Солнце поднималось все выше, и тень дюны сокращалась. Жара усиливалась, очень скоро все вокруг превратилось в мираж, за серебристой дымкой которого дюны словно бы затанцевали. А потом запели пески. Воздух наполнился низким, вибрирующим звуком, как будто пустыня стала резонатором для невидимого гигантского струнного оркестра. Звук то поднимался, то падал, замирая где-то вдалеке, и все начиналось сначала.

— Пески поют, — негромко сказала Х’ани, и Сантэн ее поняла.

Она лежала, прижавшись ухом к земле, и слушала удивительную музыку пустыни.

Жара продолжала усиливаться, и, следуя примеру бушменов, Сантэн накрыла голову брезентом и лежала неподвижно. Было слишком жарко, чтобы спать, со звуками моря накатывались плотные горячие волны, и она впала в полузабытье.

Солнце двигалось к зениту, становилось все жарче, тени таяли, никакого облегчения не было, некуда было спрятаться от этого безжалостного хлыста. Сантэн дышала тяжело, как искалеченное животное, и каждый короткий мелкий вдох опалял горло и сжигал силы организма.
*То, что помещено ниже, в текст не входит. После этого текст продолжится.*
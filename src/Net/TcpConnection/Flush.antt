-- ===== src/Net/TcpConnection/Flush.antt =====
-- The bytes that `handleWrite` of winterfell/net/wf_tcp_connection.cc takes from those that are kept, exactly.
use mathlib.Core.List.{append_cancel_left}
use winterfell.Prelude.{
  ◌++◌, aborted, looping, length, drop, take-append-drop, ℕ, zero, suc, ◌+◌, ◌≤◌, ◌≡◌, refl, sym,
  ap, ◌∙◌, inl, inr, Bool-cases, List, [], take, Bytes, Run, done, ◌==◌, ltb, arith, append-nil,
}
use winterfell.Buffer.{Buffer, peek, readable_bytes}
use winterfell.Buffer.Content.{IsValid, length-peek}
use winterfell.Net.Channel.{is_writing}
use winterfell.Net.TcpConnection.{
  Connection, Effect, WriteResult, wrote, write_failed, drained, after_flush, handle_write,
  shutdown_in_loop,
}
use winterfell.Net.TcpConnection.Output.{IsSound, sent_bytes, peek-nil}
use winterfell.Buffer.Content.{retrieve_lem}
use winterfell.Net.TcpConnection.Output.{handle_write-Accounts}
use winterfell.Net.TcpConnection.History.{Kept, Accounts-Kept}

-- What the socket takes of bytes that it is offered, and what it leaves.
abbrev pub taken : WriteResult → Bytes → Bytes
taken (wrote n) xs = take n xs
taken (write_failed e) xs = []

abbrev pub left : WriteResult → Bytes → Bytes
left (wrote n) xs = drop n xs
left (write_failed e) xs = xs

abbrev pub Fits : WriteResult → Bytes → Type 0
Fits (wrote n) xs = n ≤ length xs
Fits (write_failed e) xs = Unit

taken-left : (w : WriteResult) (xs : Bytes) → taken w xs ++ left w xs ≡ xs
taken-left (wrote n) xs = take-append-drop n xs
taken-left (write_failed e) xs = refl

Fits-readable :
    (w : WriteResult) (xs : Bytes) (size : ℕ)
    → Fits w xs
    → length xs ≡ size
    → (n : ℕ) → w ≡ wrote n
    → n ≤ size
Fits-readable (wrote m) xs size h e n p = ground arith
Fits-readable (write_failed f) xs size h e n p = cc

sent_bytes-drained : (c : Connection) → sent_bytes (drained c).0 ≡ []
unfolding drained shutdown_in_loop
sent_bytes-drained c = ground arith

take_nil : (n : ℕ) → take {A = ℕ} n [] ≡ []
take_nil zero = refl
take_nil (suc n) = refl

-- The call returns, the socket took these bytes, and the state and the input are as before.
abbrev Writes : Connection → Bytes → Run (List Effect × Connection) → Type 0
Writes c out (done (fx, d)) = (sent_bytes fx ≡ out) × (d.state ≡ c.state) × (d.input ≡ c.input)
Writes c out _ = ⊥

module _ (c : Connection) where
  drained-Writes :
      (b : Buffer)
      → let (fx, d) = drained (record c { output = b }) in (d.state ≡ c.state) × (d.input ≡ c.input)
  unfolding drained
  drained-Writes b = (refl, refl)

  after_flush-Writes :
      (n : ℕ)
      → IsValid c.output
      → n ≤ readable_bytes c.output
      → Writes c (take n (peek c.output)) (after_flush n c)
  unfolding after_flush
  after_flush-Writes n v h =
      let rest : Buffer = record c.output { reader_index = c.output.reader_index + n } in
      let none_more = sent_bytes-drained (record c { output = rest }) in
      rw ((retrieve_lem n c.output v h).0) (elim (Bool-cases (readable_bytes rest == 0)) [
        | inl e ↦
            let (state, input) = drained-Writes rest in
            rw (e, none_more) (append-nil _, state, input)
        | inr e ↦ rw e (append-nil _, refl, refl)
      ])

  handle_write-Writes :
      (s : IsSound c) (w : WriteResult)
      → Fits w (peek c.output)
      → Writes c (taken w (peek c.output)) (handle_write w c)
  unfolding handle_write
  handle_write-Writes s (write_failed e) h = elim (Bool-cases (is_writing c.channel)) [
    | inl e ↦ rw e (refl, refl, refl)
    | inr e ↦ rw e (refl, refl, refl)
  ]
  handle_write-Writes s (wrote n) h = elim (Bool-cases (is_writing c.channel)) [
    | inl e ↦ elim (Bool-cases (ltb 0 n)) [
      | inl p ↦
          rw (e, p)
            (after_flush-Writes n s.output_valid
              (omega (arith, h, length-peek c.output s.output_valid)))
      | inr p ↦ let z : n ≡ 0 = ground arith in rw (e, p, z) (refl, refl, refl)
    ]
    | inr e ↦
        let none_kept : peek c.output ≡ [] = peek-nil c s (ground (arith, s.polled)) in
        rw e (sym (ap (take n) none_kept ∙ take_nil n), refl, refl)
  ]

  abbrev pub Flushes : WriteResult → Run (List Effect × Connection) → Type 0
  Flushes w (done (fx, d)) =
      IsSound d
      × (sent_bytes fx ≡ taken w (peek c.output))
      × (peek d.output ≡ left w (peek c.output))
      × (d.state ≡ c.state)
      × (d.input ≡ c.input)
  Flushes w _ = ⊥

  joined :
      (w : WriteResult) (m : Run (List Effect × Connection))
      → Writes c (taken w (peek c.output)) m
      → Kept (peek c.output) m
      → Flushes w m
  joined w (done (fx, d)) (out, state, input) (sound, total) = (
    sound,
    out,
    append_cancel_left (taken w (peek c.output)) _ _
        (ap (λ f. f ++ peek d.output) (sym out) ∙ total ∙ sym (taken-left w (peek c.output))),
    state,
    input,
  )
  joined w aborted h k = absurd h
  joined w looping h k = absurd h

  -- The socket gets what it takes of the bytes kept, the rest is kept, and the state and the input are as before.
  pub handle_write-Flushes :
      (s : IsSound c) (w : WriteResult) → Fits w (peek c.output) → Flushes w (handle_write w c)
  handle_write-Flushes s w fits = joined w (handle_write w c) (handle_write-Writes s w fits) (
      Accounts-Kept (
        handle_write-Accounts c s w
          (Fits-readable w (peek c.output) _ fits (length-peek c.output s.output_valid))))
«Хуже быть не может, — говорила она себе. — Сейчас это закончится, и скоро станет прохладней».

Но она ошибалась. Зной все усиливался, пустыня сипела и дрожала, как раненый зверь, и Сантэн боялась открыть глаза, чтобы не сжечь их.

Тут она услышала, что старая женщина задвигалась. Чуть повернув голову, она увидела, что та тщательно смешивает песок с мочой из тыквы. Подойдя к Сантэн, Х’ани стала обкладывать ее горячую кожу влажным песком.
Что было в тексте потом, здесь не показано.